Kenyans honour Raila Odinga as a true hero on Mashujaa Day

National
By Mike Kihaki | Oct 20, 2025
President William Ruto during Mashujaa Day at Ithookwe Stadium, Kitui on October 20, 2025. [PSC]

The 62nd Mashujaa Day celebrations transformed into a heartfelt national tribute  to the late former Prime Minister Raila Amolo Odinga, as thousands of citizens, dignitaries, and

school children gathered at Ithookwe Stadium in Kitui to honour his life, legacy, and lifelong struggle for justice and unity.

The event opened with a stirring performance by 520 school children dressed in Kenya’s national colours — white, red, green, and black — who waved miniature flags and sang

a moving choral poem: “Raila wetu lala salama (Baba), lala salama Raila shujaa, mwanga wa taifa letu, ulipigania haki na umoja.”

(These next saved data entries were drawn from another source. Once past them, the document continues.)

-- ===== src/Worker/Loop.antt =====
-- core/application/base_worker.py, BaseWorker.run. Sleeps are whole seconds.
use sport_crawl.Prelude.{ℕ, ◌+◌, Bool, true, false, List, [], ◌∷◌, ◌++◌, leb, if◌then◌else◌}

-- What the inner block does once the browser is up: on_browser_ready and run_claim_loop. The claim
-- loop counts the jobs of the worker, `processed`, before it returns or raises.
pub data Inner : Type 0 where
  cooldown_required cancelled unexpected restart : Inner
  exhausted : ℕ → Inner

-- What one round of the `while True` loop meets. `start_fails` is an exception of _build_engine or
-- of __aenter__; `exit_raises` one of __aexit__.
pub data Start : Type 0 where
  start_fails start_cancelled : Start
  starts : ℕ → Inner → Bool → Start

-- One round: the browser's behaviour, the jitter of the cooldown, and whether the worker is
-- cancelled in the first sleep of the round.
pub record Round : Type 0 where
  pub start : Start
  pub jitter : ℕ
  pub sleep_cancelled : Bool

-- What the display shows for the worker.
pub data Label : Type 0 where
  unexpected_error browser_failed cooldown : Label
  start_failed : ℕ → Label

pub data Action : Type 0 where
  enter exit : Action
  label : Label → Action
  sleep : ℕ → Action

pub data Next : Type 0 where
  returns cancels : Next
  again : ℕ → Next

abbrev pub max_restarts : ℕ
max_restarts = 5

abbrev pub after_sleep : Bool → Next → Next
after_sleep sleep_cancelled next = if sleep_cancelled then cancels else next

-- `except Exception` of the outer block.
abbrev pub start_failure : ℕ → Bool → List Action × Next
start_failure restart_count sleep_cancelled =
    if leb max_restarts (restart_count + 1)
    then (label browser_failed ∷ sleep 60 ∷ [], after_sleep sleep_cancelled (again 0))
    else (
      label (start_failed (restart_count + 1)) ∷ sleep 10 ∷ [],
      after_sleep sleep_cancelled (again (restart_count + 1)),
    )

-- The browser's exit raised: the exception replaces a return, a `continue`, a cancellation and the
-- cooldown alike. restart_count is 0 here.
abbrev pub exit_failed : List Action → Bool → List Action × Next
exit_failed before sleep_cancelled =
    let (did, next) = start_failure 0 sleep_cancelled in (before ++ exit ∷ did, next)

-- The inner block, the exit of the browser, and what follows them.
abbrev pub browser_up : Inner → Bool → ℕ → Bool → List Action × Next
browser_up unexpected true jitter sleep_cancelled =
    exit_failed (label unexpected_error ∷ sleep 5 ∷ []) false
browser_up unexpected false jitter sleep_cancelled =
    (label unexpected_error ∷ sleep 5 ∷ exit ∷ [], after_sleep sleep_cancelled (again 0))
browser_up cancelled true jitter sleep_cancelled = exit_failed [] sleep_cancelled
browser_up cancelled false jitter sleep_cancelled = (exit ∷ [], cancels)
browser_up (exhausted n) true jitter sleep_cancelled = exit_failed [] sleep_cancelled
browser_up (exhausted n) false jitter sleep_cancelled = (exit ∷ [], returns)
browser_up restart true jitter sleep_cancelled = exit_failed [] sleep_cancelled
browser_up restart false jitter sleep_cancelled = (exit ∷ [], again 0)
browser_up cooldown_required true jitter sleep_cancelled = exit_failed [] sleep_cancelled
browser_up cooldown_required false jitter sleep_cancelled = (
  exit ∷ label cooldown ∷ sleep 60 ∷ (if sleep_cancelled then [] else sleep jitter ∷ []),
  after_sleep sleep_cancelled (again 0),
)

-- The jobs that the session added to the worker's count.
abbrev pub session_jobs : Start → ℕ
session_jobs (starts jobs inner exit_raises) = jobs
session_jobs _ = 0

abbrev pub begin : Start → ℕ → ℕ → Bool → List Action × Next
begin start_fails restart_count jitter sleep_cancelled = start_failure restart_count sleep_cancelled
begin start_cancelled restart_count jitter sleep_cancelled = ([], cancels)
begin (starts jobs inner exit_raises) restart_count jitter sleep_cancelled =
    let (did, next) = browser_up inner exit_raises jitter sleep_cancelled in (enter ∷ did, next)

unfoldable pub round : ℕ → Round → List Action × Next
round restart_count r = begin r.start restart_count r.jitter r.sleep_cancelled

-- How a worker that went through the given rounds stands; `finished` carries self._processed.
pub data WorkerResult : Type 0 where
  finished : ℕ → WorkerResult
  was_cancelled still_running : WorkerResult

abbrev pub go_on {ℓ} : {A : Type ℓ} → Next → ℕ → (ℕ → List A × WorkerResult) → List A × WorkerResult
go_on returns processed loop = ([], finished processed)
go_on cancels processed loop = ([], was_cancelled)
go_on (again restart_count) processed loop = loop restart_count

unfoldable pub run_loop : ℕ → ℕ → List Round → List Action × WorkerResult
run_loop processed restart_count [] = ([], still_running)
run_loop processed restart_count (r ∷ rest) =
    let total = processed + session_jobs r.start in
    let (did, next) = round restart_count r in
    let (later, result) = go_on next total (λ c. run_loop total c rest) in (did ++ later, result)

unfoldable pub run : List Round → List Action × WorkerResult
run rounds = run_loop 0 0 rounds
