-- ===== src/Crawl/Buffered.antt =====
-- scripts/scrape_player_info.py, PlayerInfoWorker.run_buffered: the browser sessions of a worker that
-- is fed by the buffer, and its calls of the rate-limit gate.
use sport_crawl.Prelude.{ℕ, ◌+◌, Bool, true, false, List, [], ◌∷◌, ◌++◌, leb, if◌then◌else◌}
use sport_crawl.Gate.State.{Event, signal, cancel, engine_ready}
use sport_crawl.Worker.Loop.{
  Inner, cooldown_required, cancelled, unexpected, restart, exhausted, Action, enter, exit, label,
  sleep, unexpected_error, browser_failed, cooldown, start_failed, Next, returns, cancels, again,
  max_restarts, after_sleep, WorkerResult, still_running, go_on,
}

-- What a session does once its browser is up: on_browser_ready raises, or is cancelled, or the loop
-- runs, signals rate limits at the given times, with a probe or without, adds jobs, and ends.
pub data Session : Type 0 where
  warmup_fails warmup_cancelled : Session
  warm : List (ℕ × Bool) → ℕ → Inner → Session

pub data BufferedStart : Type 0 where
  build_fails build_cancelled : BufferedStart
  builds : Session → Bool → BufferedStart

pub record SessionRound : Type 0 where
  pub start : BufferedStart
  pub jitter : ℕ
  pub sleep_cancelled : Bool

-- A step that BaseWorker.run has too, or a call of the gate.
pub data Step : Type 0 where
  did : Action → Step
  calls : Event → Step

abbrev pub inner_of : Session → Inner
inner_of warmup_fails = unexpected
inner_of warmup_cancelled = cancelled
inner_of (warm signals jobs inner) = inner

abbrev pub jobs_of : BufferedStart → ℕ
jobs_of (builds (warm signals jobs inner) exit_raises) = jobs
jobs_of _ = 0

module _ (has_gate : Bool) where
  abbrev pub told : Event → List Step
  told e = if has_gate then calls e ∷ [] else []

  abbrev pub signalled : List (ℕ × Bool) → List Step
  signalled [] = []
  signalled (s ∷ rest) = told (signal s.0 "rate_limit_429" s.1) ++ signalled rest

  abbrev pub session_calls : Session → List Step
  session_calls (warm signals jobs inner) = told engine_ready ++ signalled signals
  session_calls _ = []

  -- `except Exception` of the outer block.
  abbrev pub build_failure : ℕ → Bool → List Step × Next
  build_failure restart_count sleep_cancelled =
      if leb max_restarts (restart_count + 1)
      then (
        told cancel ++ did (label browser_failed) ∷ did (sleep 60) ∷ [],
        after_sleep sleep_cancelled (again 0),
      )
      else (
        told cancel ++ did (label (start_failed (restart_count + 1))) ∷ did (sleep 10) ∷ [],
        after_sleep sleep_cancelled (again (restart_count + 1)),
      )

  abbrev pub exit_failure : List Step → Bool → List Step × Next
  exit_failure before sleep_cancelled =
      let (steps, next) = build_failure 0 sleep_cancelled in (before ++ did exit ∷ steps, next)

  abbrev pub unexpected_steps : List Step
  unexpected_steps = told cancel ++ did (label unexpected_error) ∷ did (sleep 5) ∷ []

  -- The handlers of the inner block, the exit of the browser, and what follows them.
  abbrev pub session_end : Inner → Bool → ℕ → Bool → List Step × Next
  session_end unexpected true jitter sleep_cancelled = exit_failure unexpected_steps false
  session_end unexpected false jitter sleep_cancelled =
      (unexpected_steps ++ did exit ∷ [], after_sleep sleep_cancelled (again 0))
  session_end cancelled true jitter sleep_cancelled = exit_failure [] sleep_cancelled
  session_end cancelled false jitter sleep_cancelled = (did exit ∷ [], cancels)
  session_end (exhausted n) true jitter sleep_cancelled = exit_failure [] sleep_cancelled
  session_end (exhausted n) false jitter sleep_cancelled = (did exit ∷ [], returns)
  session_end restart true jitter sleep_cancelled = exit_failure [] sleep_cancelled
  session_end restart false jitter sleep_cancelled = (did exit ∷ [], again 0)
  session_end cooldown_required true jitter sleep_cancelled = exit_failure [] sleep_cancelled
  session_end cooldown_required false jitter sleep_cancelled = (
    did exit ∷ told cancel
        ++ did (label cooldown)
          ∷ did (sleep 60)
          ∷ (if sleep_cancelled then [] else did (sleep jitter) ∷ []),
    after_sleep sleep_cancelled (again 0),
  )

  abbrev pub begin_session : BufferedStart → ℕ → ℕ → Bool → List Step × Next
  begin_session build_fails restart_count jitter sleep_cancelled =
      build_failure restart_count sleep_cancelled
  begin_session build_cancelled restart_count jitter sleep_cancelled = ([], cancels)
  begin_session (builds session exit_raises) restart_count jitter sleep_cancelled =
      let (steps, next) = session_end (inner_of session) exit_raises jitter sleep_cancelled in
      (did enter ∷ session_calls session ++ steps, next)

  unfoldable pub sessions : ℕ → ℕ → List SessionRound → List Step × WorkerResult
  sessions processed restart_count [] = ([], still_running)
  sessions processed restart_count (r ∷ rest) =
      let total = processed + jobs_of r.start in
      let (steps, next) = begin_session r.start restart_count r.jitter r.sleep_cancelled in
      let (later, result) = go_on next total (λ c. sessions total c rest) in
      (steps ++ later, result)

  unfoldable pub run_buffered : List SessionRound → List Step × WorkerResult
  run_buffered rounds = sessions 0 0 rounds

The children hailed Odinga as “the light of the nation,” a hero who fought for justice and unity and “planted the seed of peace.”

They imitated his famous “kitendawili” riddles, drawing cheers and applause from the crowd. Their performance formed artistic symbols a wind vane, star, and sun representing

Raila’s enduring influence and vision for Kenya.

The stadium was filled with emotion as one of Raila’s favourite songs, “I’m On My Way” by a Jamaican artist, played in his memory, blending nostalgia with renewed hope.

President William Ruto led the nation in paying tribute, describing Raila as “a singular spirit, a towering patriot, and a hero for the ages.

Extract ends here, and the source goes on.